Gabriella Szabó (born 14 August 1986) is a Hungarian sprint canoer who has competed since the late 2000s.

Career
She won the silver medal in the K-4 500 m event at the 2008 Summer Olympics in Beijing.

Szabó also won five medals at the ICF Canoe Sprint World Championships with four golds (K-2 500 m: 2009, 2010; K-2 1000 m: 2010; K-4 500 m: 2011) and a bronze (K-2 1000 m: 2007).

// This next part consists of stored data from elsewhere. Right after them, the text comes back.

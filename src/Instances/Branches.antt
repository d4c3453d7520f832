-- ===== src/Instances/Branches.antt =====
-- Which row the saga writes, branch by branch.
use proof_arena.Base.{
  ℕ, ◌≡◌, ◌⊎◌, inl, inr, refl, sym, ap, ◌∙◌, subst, String, none, some, List, [], ◌∷◌, ◌++◌,
}
use proof_arena.Base.Json.{obj}
use proof_arena.Base.Result.{Result, ok, err}
use proof_arena.Db.{
  AgentInstance, AgentTemplate, VerificationArtifact, SagaStatus, SagaFailureReason, TrustLabel,
  Store,
}
use proof_arena.Policy.{
  PolicyEngineError, ConsentRecord, record_consent, required_consent_keys, consent_fields,
}
use proof_arena.Policy.Consent.{
  IsFullConsent, record_consent-IsFullConsent, record_consent-hash, record_consent-text,
}
use proof_arena.Wallets.{HostedWallet}
use proof_arena.Instances.{
  Outside, create_wallet, template_by_key, new_instance, runtime_spec, consent_codec,
  consent_artifact, on_consent, on_runtime, DeployCall, deploy_instance,
}
use proof_arena.Instances.Deployed.{deploy_instance-steps}

-- the branches behind the wallet: the runtime raises; it answers and the consent is not full; it
-- answers and the consent is full
abbrev pub Ends :
    Outside → DeployCall → AgentTemplate → AgentInstance → List (ℕ × VerificationArtifact) → Type 0
Ends o call template row artifacts =
    ((message : String) × (o.deploy (runtime_spec template call.effective_config call.owner_ref)
        ≡ err message)
      × (row.status ≡ SagaStatus.wallet_created_runtime_failed)
      × (row.last_failure_reason ≡ some SagaFailureReason.wallet_created_runtime_failed)
      × (row.runtime_handle_json ≡ none)
      × (row.consent_artifact_id ≡ none)
      × (artifacts ≡ []))
    ⊎ ((handle : String) × (o.deploy (runtime_spec template call.effective_config call.owner_ref)
          ≡ ok handle)
        × (row.runtime_handle_json ≡ some handle)
        × (((¬ IsFullConsent call.consent)
              × (row.status ≡ SagaStatus.runtime_live_consent_failed)
              × (row.last_failure_reason ≡ some SagaFailureReason.runtime_live_consent_failed)
              × (row.consent_artifact_id ≡ none)
              × (artifacts ≡ []))
            ⊎ (IsFullConsent call.consent
                × (row.status ≡ SagaStatus.live)
                × (row.last_failure_reason ≡ none)
                × (row.consent_artifact_id ≡ some call.artifact_id)
                × ((a : VerificationArtifact) × (artifacts ≡ (call.artifact_id, a) ∷ [])
                    × (a.run_id ≡ none)
                    × (a.uri_or_ref ≡ o.canonical (obj (consent_fields required_consent_keys)))
                    × (a.content_hash ≡ o.sha256 a.uri_or_ref)))))

module _ (o : Outside) (db : Store) (call : DeployCall) (wallet : HostedWallet)
    (template : AgentTemplate) where
  abbrev row_before : AgentInstance
  row_before =
      new_instance o call.instance_id call.now template call.effective_config call.owner_ref wallet

  on_consent-Ends :
      (handle : String) (r : Result PolicyEngineError (ConsentRecord String))
      → o.deploy (runtime_spec template call.effective_config call.owner_ref) ≡ ok handle
      → record_consent (consent_codec o) call.consent ≡ r
      → Ends o call template
          (on_consent call.artifact_id
            (record row_before { runtime_handle_json = some handle })
            r).0
          (on_consent call.artifact_id
            (record row_before { runtime_handle_json = some handle })
            r).1
  on_consent-Ends handle (err e) deployed refused = inr (
    handle,
    deployed,
    refl,
    inl (
      λ full.
          let (r, made, text, hash) =
            (record_consent-IsFullConsent (consent_codec o) call.consent).1 full in
          cc,
      refl,
      refl,
      refl,
      refl,
    ),
  )
  on_consent-Ends handle (ok consent) deployed made =
      let text = record_consent-text (consent_codec o) call.consent made in
      let hash = record_consent-hash (consent_codec o) call.consent made in
      inr (
        handle,
        deployed,
        refl,
        inr (
          (record_consent-IsFullConsent (consent_codec o) call.consent).0
              (consent, made, text, hash),
          refl,
          refl,
          refl,
          (consent_artifact consent, refl, refl, text, hash),
        ),
      )

  on_runtime-Ends :
      (r : Result String String)
      → o.deploy (runtime_spec template call.effective_config call.owner_ref) ≡ r
      → Ends o call template
          (on_runtime o call.artifact_id call.consent row_before r).0
          (on_runtime o call.artifact_id call.consent row_before r).1
  on_runtime-Ends (err message) deployed = inl (message, deployed, refl, refl, refl, refl, refl)
  on_runtime-Ends (ok handle) deployed =
      on_consent-Ends handle (record_consent (consent_codec o) call.consent) deployed refl

-- what does not depend on the branch
abbrev pub Names : Outside → DeployCall → HostedWallet → AgentTemplate → AgentInstance → Type 0
Names o call wallet template row =
    (row.instance_id ≡ call.instance_id)
    × (row.template_id ≡ template.template_id)
    × (row.template_version_at_deploy ≡ template.template_version)
    × (row.instance_owner_ref ≡ call.owner_ref)
    × (row.effective_config_json ≡ o.dumps (obj call.effective_config))
    × (row.wallet_address ≡ some wallet.address)
    × (row.hosted_wallet_ref ≡ some wallet.wallet_id)
    × (row.trust_label ≡ TrustLabel.benchmark_compatible_customized_instance)
    × (row.superseded_by_instance_id ≡ none)

module _ (o : Outside) (call : DeployCall) (wallet : HostedWallet) (template : AgentTemplate) where
  on_consent-Names :
      (artifact_id : ℕ) (inst : AgentInstance) (r : Result PolicyEngineError (ConsentRecord String))
      → Names o call wallet template inst
      → Names o call wallet template (on_consent artifact_id inst r).0
  on_consent-Names artifact_id inst (ok consent) h = h
  on_consent-Names artifact_id inst (err e) h = h

  on_runtime-Names :
      (inst : AgentInstance) (r : Result String String)
      → Names o call wallet template inst
      → Names o call wallet template (on_runtime o call.artifact_id call.consent inst r).0
  on_runtime-Names inst (err message) h = h
  on_runtime-Names inst (ok handle) h =
      on_consent-Names call.artifact_id (record inst { runtime_handle_json = some handle })
        (record_consent (consent_codec o) call.consent) h

-- A deploy that returns adds the one row that it returns, for the owner, the template and the
-- configuration that were given and the wallet that was made, and with the label of a customized
-- instance. Its status, reason, handle and consent are those of the branch: the runtime raised; or it
-- answered and an acknowledgment was not True; or all four were, and the row is live and the consent
-- that is stored is their canonical text with its hash.
pub deploy_instance-Ends :
    (o : Outside) (db : Store) (call : DeployCall) {db' : Store} {row : AgentInstance}
    → deploy_instance o db call ≡ ok (db', row)
    → (wallet : HostedWallet) × (template : AgentTemplate) × (artifacts : List
        (ℕ × VerificationArtifact))
      × ((create_wallet o).1 ≡ ok wallet)
      × (template_by_key db call.template_key ≡ some template)
      × (db'.instances ≡ db.instances ++ row ∷ [])
      × (db'.artifacts ≡ db.artifacts ++ artifacts)
      × Names o call wallet template row
      × Ends o call template row artifacts
deploy_instance-Ends o db call {db'} {row} h =
    let (bounded, fits, (wallet, template, made, stored, can, same)) =
      deploy_instance-steps o db call h in
    let inst =
      new_instance o call.instance_id call.now template call.effective_config call.owner_ref
        wallet in
    let answer = o.deploy (runtime_spec template call.effective_config call.owner_ref) in
    let rows = on_runtime o call.artifact_id call.consent inst answer in
    let row_is : rows.0 ≡ row = ap (λ (out : Store × AgentInstance). out.1) same in
    (
      wallet,
      template,
      rows.1,
      made,
      stored,
      ap (λ (out : Store × AgentInstance). out.0.instances) (sym same)
          ∙ ap (λ r. db.instances ++ r ∷ []) row_is,
      ap (λ (out : Store × AgentInstance). out.0.artifacts) (sym same),
      subst (Names o call wallet template) row_is (
          on_runtime-Names o call wallet template inst answer
            (refl, refl, refl, refl, refl, refl, refl, refl, refl)),
      subst (λ r. Ends o call template r rows.1) row_is
          (on_runtime-Ends o db call wallet template answer refl),
    )
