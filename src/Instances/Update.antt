-- ===== src/Instances/Update.antt =====
-- `update_instance_config` of backend/src/services/instance_service.py: a new configuration is a new
-- row, which the old one points to once the new one is live.
use proof_arena.Base.{
  ℕ, Bool, true, false, Option, none, some, List, [], ◌∷◌, if◌then◌else◌, ◌==◌, number_equality,
}
use proof_arena.Base.Json.{Json, Fields, obj}
use proof_arena.Base.PythonEquality.{same_json}
use proof_arena.Base.Result.{Result, ok, err, ◌>>=◌}
use proof_arena.Db.{AgentInstance, AgentTemplate, SagaStatus, Store, get_instance, get_template}
use proof_arena.Instances.{Outside, DeployError, DeployCall, deploy_instance}

pub data UpdateError : Type 0 where
  instance_not_found template_not_found bad_stored_config : UpdateError
  already_superseded : ℕ → UpdateError
  deploy_failed : DeployError → UpdateError

abbrev pub is_live : SagaStatus → Bool
is_live SagaStatus.live = true
is_live _ = false

-- the row with a key, as it is written back
abbrev pub replace : ℕ → AgentInstance → List AgentInstance → List AgentInstance
replace key row [] = []
replace key row (r ∷ rs) = if r.instance_id == key then row ∷ rs else r ∷ replace key row rs

abbrev pub write_row : Store → AgentInstance → Store
write_row db row = record db { instances = replace row.instance_id row db.instances }

pub record UpdateCall : Type 0 where
  pub instance_id : ℕ
  pub new_config : Fields
  pub consent : Fields
  -- the next keys, and the time
  pub new_instance_id : ℕ
  pub artifact_id : ℕ
  pub now : ℕ

abbrev pub or_raise : {A : Type 0} → UpdateError → Option A → Result UpdateError A
or_raise e none = err e
or_raise e (some a) = ok a

abbrev pub check_head : AgentInstance → Option ℕ → Result UpdateError AgentInstance
check_head old none = ok old
check_head old (some k) = err (already_superseded k)

abbrev pub deploy_call : UpdateCall → AgentInstance → AgentTemplate → DeployCall
deploy_call call old template = record {
  instance_id = call.new_instance_id;
  artifact_id = call.artifact_id;
  now = call.now;
  template_key = template.template_key;
  effective_config = call.new_config;
  consent = call.consent;
  owner_ref = old.instance_owner_ref;
}

abbrev pub superseded_by : ℕ → AgentInstance → AgentInstance
superseded_by k old = record old { superseded_by_instance_id = some k }

abbrev pub on_redeployed :
    AgentInstance
    → Result DeployError (Store × AgentInstance)
    → Result UpdateError (Store × AgentInstance)
on_redeployed old (err e) = err (deploy_failed e)
on_redeployed old (ok (db, new)) =
    if is_live new.status
    then ok (write_row db (superseded_by new.instance_id old), new)
    else ok (db, new)

abbrev pub redeploy :
    Outside → Store → UpdateCall → AgentInstance → Result UpdateError (Store × AgentInstance)
redeploy o db call old =
    or_raise template_not_found (get_template db old.template_id) >>= λ template.
    on_redeployed old (deploy_instance o db (deploy_call call old template))

-- the comparison with the stored configuration
abbrev pub unless_same :
    Outside → Store → UpdateCall → AgentInstance → Json → Result UpdateError (Store × AgentInstance)
unless_same o db call old old_config =
    if same_json (obj call.new_config) old_config then ok (db, old) else redeploy o db call old

unfoldable pub update_instance_config :
    Outside → Store → UpdateCall → Result UpdateError (Store × AgentInstance)
unfolding deploy_instance same_json
update_instance_config o db call =
    or_raise instance_not_found (get_instance db call.instance_id) >>= λ found.
    check_head found found.superseded_by_instance_id >>= λ old.
    or_raise bad_stored_config (o.loads old.effective_config_json) >>= λ old_config.
    unless_same o db call old old_config
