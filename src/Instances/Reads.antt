-- ===== src/Instances/Reads.antt =====
-- The reads of backend/src/services/instance_service.py and of backend/src/api/instances_operator.py.
use proof_arena.Base.{
  String, Bool, true, false, List, if◌then◌else◌, ◌==◌, text_equality, ltb, leb, filter, any,
}
use proof_arena.Base.Sorting.{sorted}
use proof_arena.Db.{AgentInstance, SagaStatus, Store}

-- `order_by(created_at.desc(), instance_id.desc())`
abbrev pub newest_first : AgentInstance → AgentInstance → Bool
newest_first a b =
    if ltb b.created_at a.created_at
    then true
    else if ltb a.created_at b.created_at
    then false
    else leb b.instance_id a.instance_id

unfoldable pub get_instances_by_owner : Store → String → List AgentInstance
get_instances_by_owner db owner_ref =
    sorted newest_first (filter (λ r. r.instance_owner_ref == owner_ref) db.instances)

abbrev pub same_status : SagaStatus → SagaStatus → Bool
same_status SagaStatus.provisioning SagaStatus.provisioning = true
same_status SagaStatus.wallet_created_runtime_failed SagaStatus.wallet_created_runtime_failed = true
same_status SagaStatus.runtime_live_consent_failed SagaStatus.runtime_live_consent_failed = true
same_status SagaStatus.provisioning_failed SagaStatus.provisioning_failed = true
same_status SagaStatus.live SagaStatus.live = true
same_status SagaStatus.paused SagaStatus.paused = true
same_status SagaStatus.torn_down SagaStatus.torn_down = true
same_status _ _ = false

-- `get_instances_by_status`, for members of the enumeration
unfoldable pub get_instances_by_status : Store → List SagaStatus → List AgentInstance
get_instances_by_status db statuses =
    sorted newest_first (filter (λ r. any (λ s. same_status r.status s) statuses) db.instances)

-- `_FAILED_STATES`
abbrev pub is_failed : SagaStatus → Bool
is_failed SagaStatus.wallet_created_runtime_failed = true
is_failed SagaStatus.runtime_live_consent_failed = true
is_failed SagaStatus.provisioning_failed = true
is_failed _ = false

-- `list_failed_instances`, before the projection
unfoldable pub list_failed_instances : Store → List AgentInstance
list_failed_instances db = sorted newest_first (filter (λ r. is_failed r.status) db.instances)
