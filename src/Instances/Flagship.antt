-- ===== src/Instances/Flagship.antt =====
-- backend/src/services/flagship_service.py: the platform's own agent and instance of a template.
use proof_arena.Base.{
  ℕ, ◌+◌, String, Bool, true, false, not, ◌&&◌, Option, none, some, List, [], ◌∷◌, ◌++◌,
  if◌then◌else◌, ◌==◌, number_equality, text_equality, is_some, filter, head?, map,
}
use proof_arena.Base.Sorting.{sorted}
use proof_arena.Base.Json.{Json, Fields, obj}
use proof_arena.Base.Result.{Result, ok, err, ◌>>=◌}
use proof_arena.Db.{
  Agent, AgentInstance, AgentTemplate, Run, RunStatus, CompletionStatus, TrustLabel, ProviderType,
  SubjectType, Store, get_agent,
}
use proof_arena.Policy.{required_consent_keys, consent_fields}
use proof_arena.Instances.{Outside, DeployError, DeployCall, template_by_key, deploy_instance}
use proof_arena.Instances.Update.{is_live, write_row}
use proof_arena.Instances.Reads.{newest_first}

pub data FlagshipError : Type 0 where
  no_instance_service template_not_found not_reserved stale_lineage bad_default_config :
      FlagshipError
  deploy_failed : DeployError → FlagshipError

abbrev pub or_fail : {A : Type 0} → FlagshipError → Option A → Result FlagshipError A
or_fail e none = err e
or_fail e (some a) = ok a

-- the agent that is reserved; `hash` is `_canonical_submission_hash`
abbrev pub flagship_agent : (String → String) → ℕ → AgentTemplate → String → Agent
flagship_agent hash agent_id template template_key = record {
  agent_id = agent_id;
  privy_user_id = "platform-authority";
  owner_wallet = "11111111111111111111111111111111111111111111";
  submission_hash = hash template_key;
  system_prompt = template.system_prompt;
  config_json = template.default_config_json;
  metadata_ref = none;
  provider_type = ProviderType.local;
  provider_config_json = none;
  onchain_address = none;
  subject_type = SubjectType.canonical_template;
}

-- the agent that a template's foreign key names, where it is set and the row is there
abbrev pub linked_agent : Store → Option ℕ → Option Agent
linked_agent db none = none
linked_agent db (some agent_id) = get_agent db agent_id

abbrev pub link_template : ℕ → ℕ → List AgentTemplate → List AgentTemplate
link_template template_id agent_id = map (λ row.
    if row.template_id == template_id
    then record row { benchmark_subject_agent_id = some agent_id }
    else row)

abbrev pub or_reserve :
    (String → String) → Store → ℕ → String → AgentTemplate → Option Agent → Store × Agent
or_reserve hash db agent_id template_key template (some existing) = (db, existing)
or_reserve hash db agent_id template_key template none =
    let agent = flagship_agent hash agent_id template template_key in
    (
      record db {
        agents = db.agents ++ agent ∷ [];
        templates = link_template template.template_id agent_id db.templates;
      },
      agent,
    )

-- `bootstrap_flagship`; `agent_id` is the next key
unfoldable pub bootstrap_flagship :
    (String → String) → Store → ℕ → String → Result FlagshipError (Store × Agent)
bootstrap_flagship hash db agent_id template_key =
    or_fail template_not_found (template_by_key db template_key) >>= λ template. ok (
      or_reserve hash db agent_id template_key template
        (linked_agent db template.benchmark_subject_agent_id))

abbrev pub agent_of_template : Store → Option AgentTemplate → Option Agent
agent_of_template db none = none
agent_of_template db (some template) = linked_agent db template.benchmark_subject_agent_id

-- `get_flagship_agent`
unfoldable pub get_flagship_agent : Store → String → Option Agent
get_flagship_agent db template_key = agent_of_template db (template_by_key db template_key)

abbrev pub or_bootstrap :
    (String → String) → Store → ℕ → String → Option Agent → Result FlagshipError (Store × Agent)
or_bootstrap hash db agent_id template_key (some existing) = ok (db, existing)
or_bootstrap hash db agent_id template_key none = bootstrap_flagship hash db agent_id template_key

-- `ensure_flagship_exists`
unfoldable pub ensure_flagship_exists :
    (String → String) → Store → ℕ → String → Result FlagshipError (Store × Agent)
unfolding bootstrap_flagship get_flagship_agent
ensure_flagship_exists hash db agent_id template_key =
    or_bootstrap hash db agent_id template_key (get_flagship_agent db template_key)

abbrev pub is_benchmarked : TrustLabel → Bool
is_benchmarked TrustLabel.benchmarked_canonical_template = true
is_benchmarked _ = false

-- the filter of `get_flagship_instance`
abbrev pub is_flagship : ℕ → AgentInstance → Bool
is_flagship template_id row =
    row.instance_owner_ref == "platform:flagship"
    && is_benchmarked row.trust_label
    && is_live row.status
    && not (is_some row.superseded_by_instance_id)
    && row.template_id == template_id

abbrev pub instance_of_template : Store → Option AgentTemplate → Option AgentInstance
instance_of_template db none = none
instance_of_template db (some template) =
    head? (sorted newest_first (filter (is_flagship template.template_id) db.instances))

-- `get_flagship_instance`
unfoldable pub get_flagship_instance : Store → String → Option AgentInstance
get_flagship_instance db template_key = instance_of_template db (template_by_key db template_key)

abbrev pub check_lineage : Store → AgentTemplate → Option ℕ → Result FlagshipError Agent
check_lineage db template none = err not_reserved
check_lineage db template (some agent_id) = or_fail stale_lineage (get_agent db agent_id)

abbrev pub as_config : Option Json → Result FlagshipError Fields
as_config (some (obj fs)) = ok fs
as_config _ = err bad_default_config

-- `_PLATFORM_CONSENT`
abbrev pub platform_consent : Fields
platform_consent = consent_fields required_consent_keys

-- the platform's deploy
abbrev pub platform_call : ℕ → ℕ → ℕ → String → Fields → DeployCall
platform_call instance_id artifact_id now template_key config = record {
  instance_id = instance_id;
  artifact_id = artifact_id;
  now = now;
  template_key = template_key;
  effective_config = config;
  consent = platform_consent;
  owner_ref = "platform:flagship";
}

abbrev pub promoted : AgentInstance → AgentInstance
promoted row = record row { trust_label = TrustLabel.benchmarked_canonical_template }

-- the promotion of a live instance
abbrev pub on_deployed :
    Result DeployError (Store × AgentInstance) → Result FlagshipError (Store × AgentInstance)
on_deployed (err e) = err (deploy_failed e)
on_deployed (ok (db, row)) =
    if is_live row.status then ok (write_row db (promoted row), promoted row) else ok (db, row)

abbrev pub unless_present :
    Outside
    → Store
    → ℕ
    → ℕ
    → ℕ
    → String
    → AgentTemplate
    → Option AgentInstance
    → Result FlagshipError (Store × AgentInstance)
unless_present o db instance_id artifact_id now template_key template (some existing) =
    ok (db, existing)
unless_present o db instance_id artifact_id now template_key template none =
    as_config (o.loads template.default_config_json) >>= λ config.
    on_deployed
      (deploy_instance o db (platform_call instance_id artifact_id now template_key config))

-- `deploy_flagship_instance`, with an instance service or without one
unfoldable pub deploy_flagship_instance :
    Option Outside → Store → ℕ → ℕ → ℕ → String → Result FlagshipError (Store × AgentInstance)
unfolding deploy_instance get_flagship_instance
deploy_flagship_instance none db instance_id artifact_id now template_key = err no_instance_service
deploy_flagship_instance (some o) db instance_id artifact_id now template_key =
    or_fail template_not_found (template_by_key db template_key) >>= λ template.
    check_lineage db template template.benchmark_subject_agent_id >>= λ canonical_agent.
    unless_present o db instance_id artifact_id now template_key template
      (get_flagship_instance db template_key)

-- the counts of `compute_outcome_distribution`
pub record Outcomes : Type 0 where
  pub complete : ℕ
  pub invalid : ℕ
  pub failed : ℕ
  pub pending : ℕ

abbrev pub none_yet : Outcomes
none_yet = record { complete = 0; invalid = 0; failed = 0; pending = 0 }

-- the buckets of a status, where no completion status decides
abbrev pub by_status : RunStatus → Outcomes → Outcomes
by_status RunStatus.failed n = record n { failed = n.failed + 1 }
by_status RunStatus.timeout n = record n { failed = n.failed + 1 }
by_status RunStatus.onchain_failed n = record n { failed = n.failed + 1 }
by_status RunStatus.pending n = record n { pending = n.pending + 1 }
by_status RunStatus.pending_onchain n = record n { pending = n.pending + 1 }
by_status RunStatus.running n = record n { pending = n.pending + 1 }
by_status RunStatus.completed n = n

abbrev pub count_run : Option CompletionStatus → RunStatus → Outcomes → Outcomes
count_run (some CompletionStatus.complete) status n = record n { complete = n.complete + 1 }
count_run (some CompletionStatus.invalid) status n = record n { invalid = n.invalid + 1 }
count_run (some CompletionStatus.incomplete) status n = record n { invalid = n.invalid + 1 }
count_run none status n = by_status status n

unfoldable pub count_outcomes : List Run → Outcomes → Outcomes
count_outcomes [] n = n
count_outcomes (r ∷ rs) n = count_outcomes rs (count_run r.completion_status r.status n)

Szabó also won a gold medal at the London Olympics in the Kayak Four (K4) 500m team event with Danuta Kozák, Katalin Kovács and Krisztina Fazekas for Hungary

In June 2015, she competed in the inaugural European Games, for Hungary in canoe sprint, more specifically, Women's K-4 500m with Anna Kárász, Danuta Kozák, and Ninetta Vad. She earned a gold medal.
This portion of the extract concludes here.